Work to be completed: In the data that follows, each entry is to be restated exactly.

Data in this exercise:
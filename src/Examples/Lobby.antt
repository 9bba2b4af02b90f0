-- ===== src/Examples/Lobby.antt =====
-- Runs of the rooms: the sessions 1 and 2 of the users `a` and `b`, and some more.
use yuwibo_server.Prelude.{
  ℕ, suc, ◌≡◌, refl, ◌≢◌, true, List, [], ◌∷◌, ◌++◌, none, some, arith, length, ok,
}
use yuwibo_server.Text.{Text, text_eq}
use yuwibo_server.Messages.{
  JoinRoomResponse, new_join_room_response, broadcast_response, game_response,
}
use yuwibo_server.Rooms.{
  World, Room, insert, find_room, mem, erase, enter, leave, broadcast, start_game, create_room,
  find_free_key, update_room_broadcast,
}
use yuwibo_server.Rooms.Map.{Sets}
use yuwibo_server.Rooms.Keys.{IsLeastFree, Taken, find_free_key_lem}
use yuwibo_server.Rooms.Frame.{Alive, Answered, Appends, to_all, to_others, updates}
use yuwibo_server.Rooms.Enter.{
  Asked, told, joined, room_summary, Entered, enter-Entered, update_room_broadcast_lem,
}
use yuwibo_server.Rooms.Leave.{Left, HasHost, StillHosted, leave-Left, leave-StillHosted}
use yuwibo_server.Rooms.Create.{fresh, create_room_lem}
use yuwibo_server.Rooms.Broadcasts.{broadcast-Appends, start_game-Appends}
use yuwibo_server.Database.{get_user_info, user_info_row, UserRow}
use yuwibo_server.Examples.Samples.{
  Table, memory, in_order, users, user_a, user_b, id_of, lobby_name, room_of, world_with,
}

abbrev one : Room
one = room_of 3 (1 ∷ [])

abbrev two : Room
two = room_of 3 (1 ∷ 2 ∷ [])

abbrev lobby : Room → World memory.State
lobby room = world_with ((0, room) ∷ (4, room) ∷ [])

found : (room : Room) → find_room 4 (lobby room).rooms ≡ some room
unfolding find_room
found room = refl

-- The rows of `a` and `b`, and the table after `b` was asked for.
abbrev row_a : UserRow
row_a = record { success = true; user_name = user_a }

abbrev row_b : UserRow
row_b = record { success = true; user_name = user_b }

abbrev after : Text → Table
after uid = (users.0, uid ∷ [])

asked_a :
    (params : List Text) → get_user_info memory user_a (users.0, params) ≡ ok (row_a, after user_a)
unfolding get_user_info user_info_row text_eq
asked_a params = refl

asked_b :
    (params : List Text) → get_user_info memory user_b (users.0, params) ≡ ok (row_b, after user_b)
unfolding get_user_info user_info_row text_eq
asked_b params = refl

both-Answered :
    (params : List Text)
    → Answered memory (user_a ∷ user_b ∷ []) (users.0, params) (row_a ∷ row_b ∷ []) (after user_b)
both-Answered params = (after user_a, asked_a params, (after user_b, asked_b (user_a ∷ []), refl))

joined-Asked :
    (params : List Text)
    → Asked memory in_order
        (insert 2 (1 ∷ []))
        (lobby one)
        (users.0, params)
        (row_b ∷ row_a ∷ [])
        (after user_a)
unfolding insert mem
joined-Asked params = (after user_b, asked_b params, (after user_a, asked_a (user_b ∷ []), refl))

enter-Entered_example :
    Entered memory in_order 4 one 2
      (told memory in_order (insert 2 (1 ∷ [])) (lobby one) (row_b ∷ row_a ∷ []))
      (told memory in_order (insert 2 (1 ∷ [])) (lobby one) (row_b ∷ row_a ∷ []))
      new_join_room_response
      (lobby one)
      (enter memory in_order 4 new_join_room_response 2 (lobby one))
enter-Entered_example =
    enter-Entered memory in_order 4 new_join_room_response 2 one (lobby one) (row_b ∷ row_a ∷ [])
      (row_b ∷ row_a ∷ []) (after user_a) (after user_a) (found one) (omega arith) refl (refl, tt)
      (joined-Asked []) (joined-Asked (user_a ∷ []))

update_room_broadcast_lem_example :
    Appends
      (updates id_of
        (some 1)
        (record {
          room = room_summary two;
          users =
              record { user_id = user_a; user_name = user_a }
              ∷ record { user_id = user_b; user_name = user_b }
              ∷ [];
          my_id = [];
        })
        (1 ∷ 2 ∷ []))
      (lobby two)
      (update_room_broadcast memory in_order 4 (some 1) (lobby two))
update_room_broadcast_lem_example =
    update_room_broadcast_lem memory in_order 4 (some 1) two (lobby two) (row_a ∷ row_b ∷ [])
      (after user_b) (found two) (refl, (refl, tt)) (both-Answered [])

-- Who stays when session 1 leaves.
stays : erase 1 (1 ∷ 2 ∷ []) ≢ []
unfolding erase
stays e = cc

stayed-Asked :
    Asked memory in_order (erase 1 (1 ∷ 2 ∷ [])) (lobby two) users (row_b ∷ []) (after user_b)
unfolding erase
stayed-Asked = (after user_b, asked_b [], refl)

stayed_alive : Alive (lobby two).alive (erase 1 (1 ∷ 2 ∷ []))
unfolding erase
stayed_alive = (refl, tt)

leave-Left_example :
    Left memory in_order 4 1 two
      (told memory in_order (erase 1 (1 ∷ 2 ∷ [])) (lobby two) (row_b ∷ []))
      (lobby two)
      (leave memory in_order 4 1 (lobby two))
leave-Left_example =
    leave-Left memory in_order 4 1 two (lobby two) (row_b ∷ []) (after user_b) (found two) stays
      refl stayed_alive stayed-Asked

two-HasHost : HasHost memory in_order id_of two
unfolding mem
two-HasHost = (1, refl, refl)

leave-StillHosted_example : StillHosted memory in_order 4 (leave memory in_order 4 1 (lobby two))
leave-StillHosted_example =
    leave-StillHosted memory in_order 4 1 two (lobby two) (row_b ∷ []) (after user_b) (found two)
      stays refl stayed_alive stayed-Asked two-HasHost

find_free_key_lem_example :
    IsLeastFree
      (lobby one).rooms
      (find_free_key (suc (length (lobby one).rooms)) 0 (lobby one).rooms)
find_free_key_lem_example = find_free_key_lem (lobby one).rooms (omega arith)

created-Asked :
    (params : List Text)
    → Asked memory in_order (insert 2 []) (lobby one) (users.0, params) (row_b ∷ []) (after user_b)
unfolding insert mem
created-Asked params = (after user_b, asked_b params, refl)

create_room_lem_example :
    (key : ℕ) × (response' : JoinRoomResponse) × (w' : World memory.State) × (create_room memory
        in_order new_join_room_response lobby_name 3 2
        (lobby one)
      ≡ ok (response', w'))
    × (find_room key (lobby one).rooms ≡ none)
    × Taken key (lobby one).rooms
    × Sets key (some (joined 2 (fresh key lobby_name 3 user_b))) (lobby one) w'
    × (w'.room_id 2 ≡ key)
    × (response'.success ≡ true)
    × (response'.users
        ≡ new_join_room_response.users
          ++ told memory in_order (insert 2 []) (lobby one) (row_b ∷ []))
create_room_lem_example =
    create_room_lem memory in_order new_join_room_response lobby_name 3 2 (lobby one) (row_b ∷ [])
      (row_b ∷ []) (after user_b) (after user_b) (omega arith) (omega arith) refl (created-Asked [])
      (created-Asked (user_b ∷ []))

broadcast-Appends_example :
    Appends
      (to_all
        (broadcast_response (record { user_id = []; user_name = user_a }) (104 ∷ []))
        (1 ∷ 2 ∷ []))
      (lobby two)
      (broadcast memory in_order 4 1 (104 ∷ []) (lobby two))
broadcast-Appends_example =
    broadcast-Appends memory in_order 4 1 (104 ∷ []) two (lobby two) row_a (after user_a)
      (found two) refl (refl, (refl, tt)) (asked_a [])

start_game-Appends_example :
    Appends
      (to_others 1 (game_response (104 ∷ [])) (1 ∷ 2 ∷ []))
      (lobby two)
      (start_game memory in_order 4 (104 ∷ []) 1 (lobby two))
start_game-Appends_example =
    start_game-Appends memory in_order 4 1 (104 ∷ []) two (lobby two) (found two) (refl, (refl, tt))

Response to this exercise:
filename src/Examples/Lobby.antt
repository 9bba2b4af02b90f0
-- ===== src/Examples/Lobby.antt =====
-- Runs of the rooms: the sessions 1 and 2 of the users `a` and `b`, and some more.
use yuwibo_server.Prelude.{
  ℕ, suc, ◌≡◌, refl, ◌≢◌, true, List, [], ◌∷◌, ◌++◌, none, some, arith, length, ok,
}
use yuwibo_server.Text.{Text, text_eq}
use yuwibo_server.Messages.{
  JoinRoomResponse, new_join_room_response, broadcast_response, game_response,
}
use yuwibo_server.Rooms.{
  World, Room, insert, find_room, mem, erase, enter, leave, broadcast, start_game, create_room,
  find_free_key, update_room_broadcast,
}
use yuwibo_server.Rooms.Map.{Sets}
use yuwibo_server.Rooms.Keys.{IsLeastFree, Taken, find_free_key_lem}
use yuwibo_server.Rooms.Frame.{Alive, Answered, Appends, to_all, to_others, updates}
use yuwibo_server.Rooms.Enter.{
  Asked, told, joined, room_summary, Entered, enter-Entered, update_room_broadcast_lem,
}
use yuwibo_server.Rooms.Leave.{Left, HasHost, StillHosted, leave-Left, leave-StillHosted}
use yuwibo_server.Rooms.Create.{fresh, create_room_lem}
use yuwibo_server.Rooms.Broadcasts.{broadcast-Appends, start_game-Appends}
use yuwibo_server.Database.{get_user_info, user_info_row, UserRow}
use yuwibo_server.Examples.Samples.{
  Table, memory, in_order, users, user_a, user_b, id_of, lobby_name, room_of, world_with,
}

abbrev one : Room
one = room_of 3 (1 ∷ [])

abbrev two : Room
two = room_of 3 (1 ∷ 2 ∷ [])

abbrev lobby : Room → World memory.State
lobby room = world_with ((0, room) ∷ (4, room) ∷ [])

found : (room : Room) → find_room 4 (lobby room).rooms ≡ some room
unfolding find_room
found room = refl

-- The rows of `a` and `b`, and the table after `b` was asked for.
abbrev row_a : UserRow
row_a = record { success = true; user_name = user_a }

abbrev row_b : UserRow
row_b = record { success = true; user_name = user_b }

abbrev after : Text → Table
after uid = (users.0, uid ∷ [])

asked_a :
    (params : List Text) → get_user_info memory user_a (users.0, params) ≡ ok (row_a, after user_a)
unfolding get_user_info user_info_row text_eq
asked_a params = refl

asked_b :
    (params : List Text) → get_user_info memory user_b (users.0, params) ≡ ok (row_b, after user_b)
unfolding get_user_info user_info_row text_eq
asked_b params = refl

both-Answered :
    (params : List Text)
    → Answered memory (user_a ∷ user_b ∷ []) (users.0, params) (row_a ∷ row_b ∷ []) (after user_b)
both-Answered params = (after user_a, asked_a params, (after user_b, asked_b (user_a ∷ []), refl))

joined-Asked :
    (params : List Text)
    → Asked memory in_order
        (insert 2 (1 ∷ []))
        (lobby one)
        (users.0, params)
        (row_b ∷ row_a ∷ [])
        (after user_a)
unfolding insert mem
joined-Asked params = (after user_b, asked_b params, (after user_a, asked_a (user_b ∷ []), refl))

enter-Entered_example :
    Entered memory in_order 4 one 2
      (told memory in_order (insert 2 (1 ∷ [])) (lobby one) (row_b ∷ row_a ∷ []))
      (told memory in_order (insert 2 (1 ∷ [])) (lobby one) (row_b ∷ row_a ∷ []))
      new_join_room_response
      (lobby one)
      (enter memory in_order 4 new_join_room_response 2 (lobby one))
enter-Entered_example =
    enter-Entered memory in_order 4 new_join_room_response 2 one (lobby one) (row_b ∷ row_a ∷ [])
      (row_b ∷ row_a ∷ []) (after user_a) (after user_a) (found one) (omega arith) refl (refl, tt)
      (joined-Asked []) (joined-Asked (user_a ∷ []))

update_room_broadcast_lem_example :
    Appends
      (updates id_of
        (some 1)
        (record {
          room = room_summary two;
          users =
              record { user_id = user_a; user_name = user_a }
              ∷ record { user_id = user_b; user_name = user_b }
              ∷ [];
          my_id = [];
        })
        (1 ∷ 2 ∷ []))
      (lobby two)
      (update_room_broadcast memory in_order 4 (some 1) (lobby two))
update_room_broadcast_lem_example =
    update_room_broadcast_lem memory in_order 4 (some 1) two (lobby two) (row_a ∷ row_b ∷ [])
      (after user_b) (found two) (refl, (refl, tt)) (both-Answered [])

-- Who stays when session 1 leaves.
stays : erase 1 (1 ∷ 2 ∷ []) ≢ []
unfolding erase
stays e = cc

stayed-Asked :
    Asked memory in_order (erase 1 (1 ∷ 2 ∷ [])) (lobby two) users (row_b ∷ []) (after user_b)
unfolding erase
stayed-Asked = (after user_b, asked_b [], refl)

stayed_alive : Alive (lobby two).alive (erase 1 (1 ∷ 2 ∷ []))
unfolding erase
stayed_alive = (refl, tt)

leave-Left_example :
    Left memory in_order 4 1 two
      (told memory in_order (erase 1 (1 ∷ 2 ∷ [])) (lobby two) (row_b ∷ []))
      (lobby two)
      (leave memory in_order 4 1 (lobby two))
leave-Left_example =
    leave-Left memory in_order 4 1 two (lobby two) (row_b ∷ []) (after user_b) (found two) stays
      refl stayed_alive stayed-Asked

two-HasHost : HasHost memory in_order id_of two
unfolding mem
two-HasHost = (1, refl, refl)

leave-StillHosted_example : StillHosted memory in_order 4 (leave memory in_order 4 1 (lobby two))
leave-StillHosted_example =
    leave-StillHosted memory in_order 4 1 two (lobby two) (row_b ∷ []) (after user_b) (found two)
      stays refl stayed_alive stayed-Asked two-HasHost

find_free_key_lem_example :
    IsLeastFree
      (lobby one).rooms
      (find_free_key (suc (length (lobby one).rooms)) 0 (lobby one).rooms)
find_free_key_lem_example = find_free_key_lem (lobby one).rooms (omega arith)

created-Asked :
    (params : List Text)
    → Asked memory in_order (insert 2 []) (lobby one) (users.0, params) (row_b ∷ []) (after user_b)
unfolding insert mem
created-Asked params = (after user_b, asked_b params, refl)

create_room_lem_example :
    (key : ℕ) × (response' : JoinRoomResponse) × (w' : World memory.State) × (create_room memory
        in_order new_join_room_response lobby_name 3 2
        (lobby one)
      ≡ ok (response', w'))
    × (find_room key (lobby one).rooms ≡ none)
    × Taken key (lobby one).rooms
    × Sets key (some (joined 2 (fresh key lobby_name 3 user_b))) (lobby one) w'
    × (w'.room_id 2 ≡ key)
    × (response'.success ≡ true)
    × (response'.users
        ≡ new_join_room_response.users
          ++ told memory in_order (insert 2 []) (lobby one) (row_b ∷ []))
create_room_lem_example =
    create_room_lem memory in_order new_join_room_response lobby_name 3 2 (lobby one) (row_b ∷ [])
      (row_b ∷ []) (after user_b) (after user_b) (omega arith) (omega arith) refl (created-Asked [])
      (created-Asked (user_b ∷ []))

broadcast-Appends_example :
    Appends
      (to_all
        (broadcast_response (record { user_id = []; user_name = user_a }) (104 ∷ []))
        (1 ∷ 2 ∷ []))
      (lobby two)
      (broadcast memory in_order 4 1 (104 ∷ []) (lobby two))
broadcast-Appends_example =
    broadcast-Appends memory in_order 4 1 (104 ∷ []) two (lobby two) row_a (after user_a)
      (found two) refl (refl, (refl, tt)) (asked_a [])

start_game-Appends_example :
    Appends
      (to_others 1 (game_response (104 ∷ [])) (1 ∷ 2 ∷ []))
      (lobby two)
      (start_game memory in_order 4 (104 ∷ []) 1 (lobby two))
start_game-Appends_example =
    start_game-Appends memory in_order 4 1 (104 ∷ []) two (lobby two) (found two) (refl, (refl, tt))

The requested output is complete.